The bill outlines a three-step process for initial implementation (one institution), expansion (five institutions) and full implementation (at least 20 institutions with no less than 400 members enrolled in the program) of the corps by Aug. 1, 2023. To start, the secretary is required to submit a plan and schedule by Feb. 15, 2020, to implement the corps at one institution no later than Aug. 1, 2021.
The Professional Services Council welcomes the conference agreement on authorization act, said Alan Chvotkin, the contractor group’s executive vice president and counsel. Although the group has some concerns about the contractor provisions, it “believe[s] that, if implemented effectively, the creation of the Defense Civilian Training Corps and improvements to other certification and training programs will help address current challenges.”

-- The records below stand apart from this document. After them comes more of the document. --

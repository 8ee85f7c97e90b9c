-- ===== src/Reactor/Net/Tests.antt =====
-- Instances: a reactor of two loops, the requests of an accepting socket, and their completions.
use go_uring.Base.{
  map, ℕ, ◌+◌, ◌-◌, ◌^◌, ◌≡◌, ◌≢◌, ◌↔◌, ◌<◌, refl, none, some, List, [], ◌∷◌, length, arith,
  if◌then◌else◌, ◌==◌,
}
use go_uring.Base.Int.{ℤ, pos}
use go_uring.Base.Word.{u32_mod}
use go_uring.Uring.Entry.{SqEntry, CqEvent, zero_entry}
use go_uring.Uring.Operation.{accept, link_timeout, prep_sqe}
use go_uring.Uring.Sq.{SqRing, ok, sq_overflow, entry_of}
use go_uring.Uring.Sq.Inv.{IsValid, pending}
use go_uring.Uring.Params.{zero_params, ext_arg_feature, fast_poll_feature}
use go_uring.Uring.Ring.{Ring}
use go_uring.Reactor.RequestId.{timeout_nonce, cancel_nonce, request_fd, request_nonce}
use go_uring.Reactor.Registry.{new_cb_registry, registry_pop}
use go_uring.Reactor.Registry.Lookup.{lookup}
use go_uring.Reactor.Registry.Pending.{adds, pops, run_calls}
use go_uring.Reactor.Net.{
  NetOperation, net_accept, operation_of, SubSqeRequest, RingNetEventLoop, NetworkReactor, queue,
  publish_request, deliver, new_net, net_fd, fd_per_granule, loop_for_fd,
}
use go_uring.Reactor.Net.New.{HasFeatures, new_net_lem}
use go_uring.Reactor.Net.Queue.{IsReactor, buss_of, queue_lem}
use go_uring.Reactor.Net.Publish.{publish_request_deadline, publish_request_last_entry}
use go_uring.Reactor.Net.Answer.{queue_answered}

abbrev ring : Ring
ring = record {
  fd = 3;
  params = record zero_params { features = 2 ^ 8 + 2 ^ 5 };
  cq_ring = record {
    k_head = 0;
    k_tail = 0;
    k_ring_mask = 1;
    k_ring_entries = 2;
    k_overflow = 0;
    cqes = [];
  };
  sq_ring = record {
    k_head = u32_mod - 1;
    k_tail = u32_mod - 1;
    k_ring_mask = 1;
    k_ring_entries = 2;
    k_flags = 0;
    k_array = 0 ∷ 1 ∷ [];
    sqe_buff = zero_entry ∷ zero_entry ∷ [];
    sqe_tail = u32_mod - 1;
    sqe_head = u32_mod - 1;
  };
}

abbrev idle : RingNetEventLoop
idle = record { ring = ring; req_buss = []; submit_allowed = 0 }

abbrev reactor : NetworkReactor ℕ
reactor = record { loops = idle ∷ idle ∷ []; registry = new_cb_registry 2 fd_per_granule }

reactor-made : new_net (ring ∷ ring ∷ []) ≡ some reactor
unfolding new_net ext_arg_feature fast_poll_feature
reactor-made = refl

two_rings : 0 < 2
two_rings = omega arith

new_net_lem_example :
    (((r : NetworkReactor ℕ) × (new_net (ring ∷ ring ∷ []) ≡ some r))
      ↔ HasFeatures (ring ∷ ring ∷ []))
    × ((r : NetworkReactor ℕ) (fd n : ℕ)
        → new_net (ring ∷ ring ∷ []) ≡ some r
        → IsReactor r
          × (length r.loops ≡ 2)
          × (lookup r.registry fd n ≡ none)
          × (map (λ (l : RingNetEventLoop). l.ring) r.loops ≡ ring ∷ ring ∷ []))
new_net_lem_example = new_net_lem (ring ∷ ring ∷ []) two_rings

reactor-IsReactor : IsReactor reactor
reactor-IsReactor = ((new_net_lem (ring ∷ ring ∷ []) two_rings).1 reactor 0 0 reactor-made).0

-- Socket 80 belongs to the second loop.
abbrev accepting : NetOperation
accepting = net_accept 80 0 64 32

abbrev queued : ℕ × NetworkReactor ℕ
queued = queue idle accepting 6 (pos 0) reactor

queue_lem_example :
    IsReactor queued.1
    × (lookup queued.1.registry (request_fd queued.0) (request_nonce queued.0) ≡ some 6)
    × ((queued.0 ≢ timeout_nonce) × (queued.0 ≢ cancel_nonce))
    × (buss_of idle queued.1.loops 1 ≡ (
        if loop_for_fd 2 80 == 1
        then record { op = accept 80 0 64 32; flags = 0; user_data = queued.0; timeout = pos 0 }
          ∷ []
        else []))
unfolding operation_of net_fd
queue_lem_example = queue_lem idle reactor reactor-IsReactor accepting 6 (pos 0) (omega arith) 1

queue_answered_example :
    (deliver
      (record { user_data = queued.0; res = 9; flags = 0 } ∷ [])
      (run_calls (adds 80 7 ∷ pops 3 1 ∷ []) queued.1.registry)).0
    ≡ (some 6, record { user_data = queued.0; res = 9; flags = 0 }) ∷ []
unfolding net_fd
queue_answered_example =
    queue_answered idle reactor reactor-IsReactor accepting 6 (pos 0) (omega arith)
      (adds 80 7 ∷ pops 3 1 ∷ []) (record { user_data = queued.0; res = 9; flags = 0 }) refl
      (omega arith) refl

-- A batch: the completion of a deadline, and that of an id that nothing waits for.
abbrev batch : List CqEvent
batch =
    record { user_data = timeout_nonce; res = 0; flags = 0 }
    ∷ record { user_data = 4; res = 1; flags = 0 }
    ∷ []

-- Requests with and without a timeout, on a ring of two entries.
empty-IsValid : IsValid 1 ring.sq_ring
empty-IsValid = record {
  small = omega arith;
  entries = refl;
  mask = refl;
  array_room = omega arith;
  buff_room = omega arith;
  head_word = omega arith;
  tail_word = omega arith;
  sqe_tail_word = omega arith;
  aligned = refl;
  room = omega arith;
  named = refl;
}

abbrev one_left : SqRing
one_left = record ring.sq_ring { sqe_tail = 0 }

one_left-IsValid : IsValid 1 one_left
one_left-IsValid = record {
  small = omega arith;
  entries = refl;
  mask = refl;
  array_room = omega arith;
  buff_room = omega arith;
  head_word = omega arith;
  tail_word = omega arith;
  sqe_tail_word = omega arith;
  aligned = refl;
  room = omega arith;
  named = refl;
}

abbrev request : ℤ → SubSqeRequest
request timeout = record { op = accept 80 0 64 32; flags = 0; user_data = 7; timeout = timeout }

abbrev accept_entry : ℕ → SqEntry
accept_entry flags = record zero_entry {
  op_code = 13;
  flags = flags;
  fd = 80;
  addr = 64;
  off = 32;
  user_data = 7;
}

abbrev deadline_entry : SqEntry
deadline_entry = record zero_entry {
  op_code = 15;
  fd = u32_mod - 1;
  addr = 48;
  len = 1;
  user_data = timeout_nonce;
}

entry_of-accept :
    (flags : ℕ) → entry_of 0 (accept 80 0 64 32) flags 7 zero_entry ≡ some (accept_entry flags)
unfolding entry_of prep_sqe
entry_of-accept flags = refl

entry_of-deadline :
    entry_of 48 (link_timeout (pos 9)) 0 timeout_nonce zero_entry ≡ some deadline_entry
unfolding entry_of prep_sqe
entry_of-deadline = refl

publish_request_deadline_example :
    let (q, s', reg') = publish_request 0 48 (request (pos 9)) ring.sq_ring reactor.registry in
    IsValid 1 s'
    × (q ≡ ok)
    × (pending 2 s' ≡ record { submitted = []; prepared = accept_entry 4 ∷ deadline_entry ∷ [] })
    × (reg' ≡ reactor.registry)
publish_request_deadline_example =
    publish_request_deadline empty-IsValid 0 48 (request (pos 9)) reactor.registry (accept_entry 4)
      deadline_entry refl (entry_of-accept 4) entry_of-deadline (omega arith)

publish_request_last_entry_example :
    let (q, s', reg') = publish_request 0 48 (request (pos 9)) one_left reactor.registry in
    IsValid 1 s'
    × (q ≡ sq_overflow)
    × (pending 2 s' ≡ record { submitted = []; prepared = zero_entry ∷ accept_entry 4 ∷ [] })
    × (reg' ≡ (registry_pop reactor.registry (request_fd 7) (request_nonce 7)).1)
publish_request_last_entry_example =
    publish_request_last_entry one_left-IsValid 0 48 (request (pos 9)) reactor.registry
      (accept_entry 4) deadline_entry refl (entry_of-accept 4) entry_of-deadline refl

After about three months of negotiations, the House is expected to vote on the Defense authorization act as early as Wednesday, Politico reported. Among the many compromises, the Trump administration agreed to provide federal employees with paid parental leave in exchange for Democrats’ consenting to create a Space Force branch of the armed services.
“We look forward to ushering the conference report through the House and Senate as soon as possible and on to the President’s desk for his signature,” leaders of the House and Senate Armed Services committees said in a joint statement. “The [Defense authorization bill] remains one of the few authorization bills that Congress passes year after year.”
The Defense Department did not immediately respond for comment.